Number eleven, the law offers no forgiveness. There’s no mercy in the law and there’s no grace, that’s why it’s law. Therefore, there’s no hope. There’s no promise that it will get better. That the future will get better. No, the future will be worse. The future is horrible and it lasts forever. I don’t think you want to work your way to hell thinking you’re working your way to heaven.

And that’s what brings us to verse 13, “Christ redeemed us from the curse of the law, having become a curse for us.” Now you understand the death of Christ. He dies on the cross and pays your debt and my debt. It is at the heart of the Christian gospel, it’s about redemption. He became a curse for us. He took our punishment. That’s the gospel. In Romans 5:6, “At the right time, Christ died for the ungodly.”

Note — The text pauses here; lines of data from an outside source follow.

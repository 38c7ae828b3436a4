-- ===== src/Dispatcher/Registry/Append.antt =====
-- dispatcher.go, the `Register…` methods: an error changes nothing, and a success appends one
-- consumer to the list of its queue.
use bunmq.Base.{
  String, Bool, true, false, ◌≡◌, ◌≢◌, refl, ◌⊎◌, inl, inr, Option, none, some, ◌==◌, eq_iff, arith,
  if◌then◌else◌, ◌||◌, Bool-cases,
}
use bunmq.Errors.{Error, sentinel, queue_definition_not_found}
use bunmq.GoType.{GoType, type_string}
use bunmq.Dispatcher.{
  ConsumerDefinitionType, by_type, by_exchange, by_routing_key, by_exchange_routing_key, unknown,
  ConsumerHandler, ConsumerDefinition, Dispatcher,
}
use bunmq.Dispatcher.Registry.{
  consumers_of, definition, register_unique, has_type, has_queue, append_consumer, register_by_type,
  register_by_exchange, register_by_routing_key, register_by_exchange_routing_key,
}

-- A call of one of the four methods.
pub data Registration (W Payload : Type 0) : Type 0 where
  for_type : String → Option GoType → Option (ConsumerHandler W Payload) → Registration W Payload
  for_exchange :
      String → Option GoType → String → Option (ConsumerHandler W Payload) → Registration W Payload
  for_routing_key :
      String → Option GoType → String → Option (ConsumerHandler W Payload) → Registration W Payload
  for_exchange_routing_key :
      String
      → Option GoType
      → String
      → String
      → Option (ConsumerHandler W Payload)
      → Registration W Payload

-- The exchange and the routing key that a kind of consumer is matched by are not empty.
abbrev pub IsKeyed : ConsumerDefinitionType → (exchange routing_key : String) → Type 0
IsKeyed by_type x r = Unit
IsKeyed by_exchange x r = x ≢ ""
IsKeyed by_routing_key x r = r ≢ ""
IsKeyed by_exchange_routing_key x r = (x ≢ "") × (r ≢ "")
IsKeyed (unknown n) x r = ⊥

ne_empty : (s : String) → (s == "") ≡ false → s ≢ ""
ne_empty s h = ground (arith, eq_iff s "")

or_false : (a b : Bool) → (a || b) ≡ false → (a ≡ false) × (b ≡ false)
or_false a b h = ground arith

module _ {W Payload : Type 0} where
  unfoldable pub register :
      Registration W Payload → Dispatcher W Payload → Option Error × Dispatcher W Payload
  register (for_type q m h) = register_by_type q m h
  register (for_exchange q m x h) = register_by_exchange q m x h
  register (for_routing_key q m r h) = register_by_routing_key q m r h
  register (for_exchange_routing_key q m x r h) = register_by_exchange_routing_key q m x r h

  pub record IsConsumer (k : String) (c : ConsumerDefinition W Payload) : Type 0 where
    pub owned : c.queue ≡ k
    pub nonempty : k ≢ ""
    pub typed : c.msg_type ≡ type_string c.reflect
    pub keyed : IsKeyed c.typ c.exchange c.routing_key

  -- What a success has checked of the consumer that it adds.
  pub record IsAccepted (d : Dispatcher W Payload) (c : ConsumerDefinition W Payload) : Type 0 where
    pub consumer : IsConsumer c.queue c
    pub queue_known : has_queue c.queue d ≡ true
    pub fresh :
        (c.typ ≡ by_exchange_routing_key) ⊎ (has_type c.msg_type (consumers_of c.queue d) ≡ false)

  -- What a call on `d` came to.
  abbrev pub Registers : Dispatcher W Payload → Option Error × Dispatcher W Payload → Type 0
  Registers d (some e, d') = d' ≡ d
  Registers d (none, d') =
      (c : ConsumerDefinition W Payload) × IsAccepted d c × (d' ≡ append_consumer c d)

  -- The last check, for the queue's definition, and the append.
  register_known-Registers :
      (c : ConsumerDefinition W Payload) (d : Dispatcher W Payload)
      → IsConsumer c.queue c
      → (c.typ ≡ by_exchange_routing_key) ⊎ (has_type c.msg_type (consumers_of c.queue d) ≡ false)
      → Registers d (
          if has_queue c.queue d
          then (none, append_consumer c d)
          else (some (sentinel queue_definition_not_found), d))
  register_known-Registers c d k new = elim (Bool-cases (has_queue c.queue d)) [
    | inl known ↦ rw known (c, record { consumer = k; queue_known = known; fresh = new }, refl)
    | inr missing ↦ rw missing refl
  ]

  register_unique-Registers :
      (c : ConsumerDefinition W Payload) (d : Dispatcher W Payload)
      → IsConsumer c.queue c
      → Registers d (register_unique c d)
  register_unique-Registers c d k =
      elim (Bool-cases (has_type c.msg_type (consumers_of c.queue d))) [
        | inl taken ↦ rw taken refl
        | inr new ↦ rw new (register_known-Registers c d k (inr new))
      ]

  -- A call of a method returns an error and leaves the dispatcher as it was, or it appends one
  -- consumer to the list of its queue, which has a definition; the consumer's queue and the keys
  -- that its kind is matched by are not empty, its message type is that of its reflected type, and
  -- unless it is matched by exchange and routing key, no consumer of the queue has that message
  -- type.
  pub register-Registers :
      (call : Registration W Payload) (d : Dispatcher W Payload) → Registers d (register call d)
  unfolding register register_by_type register_by_exchange register_by_routing_key
      register_by_exchange_routing_key
  register-Registers (for_type q none h) d = refl
  register-Registers (for_type q (some t) h) d = elim (Bool-cases (q == "")) [
    | inl bad ↦ rw bad refl
    | inr good ↦ rw good (
        register_unique-Registers (definition by_type q "" "" t h) d
          (record { owned = refl; nonempty = ne_empty q good; typed = refl; keyed = tt }))
  ]
  register-Registers (for_exchange q none x h) d = refl
  register-Registers (for_exchange q (some t) x h) d = elim (Bool-cases (q == "" || x == "")) [
    | inl bad ↦ rw bad refl
    | inr good ↦
        let (a, b) = or_false _ _ good in
        rw good (
          register_unique-Registers (definition by_exchange q x "" t h) d
            (record { owned = refl; nonempty = ne_empty q a; typed = refl; keyed = ne_empty x b }))
  ]
  register-Registers (for_routing_key q none r h) d = refl
  register-Registers (for_routing_key q (some t) r h) d = elim (Bool-cases (q == "" || r == "")) [
    | inl bad ↦ rw bad refl
    | inr good ↦
        let (a, b) = or_false _ _ good in
        rw good (
          register_unique-Registers (definition by_routing_key q "" r t h) d
            (record { owned = refl; nonempty = ne_empty q a; typed = refl; keyed = ne_empty r b }))
  ]
  register-Registers (for_exchange_routing_key q none x r h) d = refl
  register-Registers (for_exchange_routing_key q (some t) x r h) d =
      elim (Bool-cases (q == "" || x == "" || r == "")) [
        | inl bad ↦ rw bad refl
        | inr good ↦
            let (ab, c) = or_false _ _ good in
            let (a, b) = or_false _ _ ab in
            rw good (
              register_known-Registers (definition by_exchange_routing_key q x r t h) d
                (record {
                  owned = refl;
                  nonempty = ne_empty q a;
                  typed = refl;
                  keyed = (ne_empty x b, ne_empty r c);
                })
                (inl refl))
      ]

Criminals sentenced to death under Mosaic Law were usually executed. The Jews didn’t crucify. So when they had executed a person, they would tie the dead body to a post and they would let that body be seen by others to cause fear. Similar to that Old Testament pattern was Christ being put on a tree, cursed by God for us. He became sin for us. He took our place that we might become the righteousness of God in Him.

Galatians 3:24, “The law has become our tutor to lead us to Christ, that we may be justified by faith.” The work of the law produces wrath but it also drives the sinner to Christ so that he can place his faith in Christ and be justified by that faith. Verse 14, “that the blessing of Abraham might come upon the Gentiles in Christ Jesus, that we might receive the promise of the Spirit through faith.”

What is the blessing that came to Abraham? Romans 4 tells us the great blessing God gave to Abraham. “Abraham believed God and it was reckoned to him as righteousness,” in Genesis 15. What was the great gift that God gave Abraham? Righteousness. He removed the curse. Not through Abraham’s works, but through Abraham’s faith. So the first purpose is justification by faith.

We are free from the penalty of the law, but we’re not free from the obligation to obey God. Christ became a curse for us to position us as righteous and holy and then to place His Spirit in us to progressively make us righteous and holy in practice. This is the glory of redemption. Let us rejoice in worshiping our God, the Holy One, our strength and our Redeemer. Let us pray.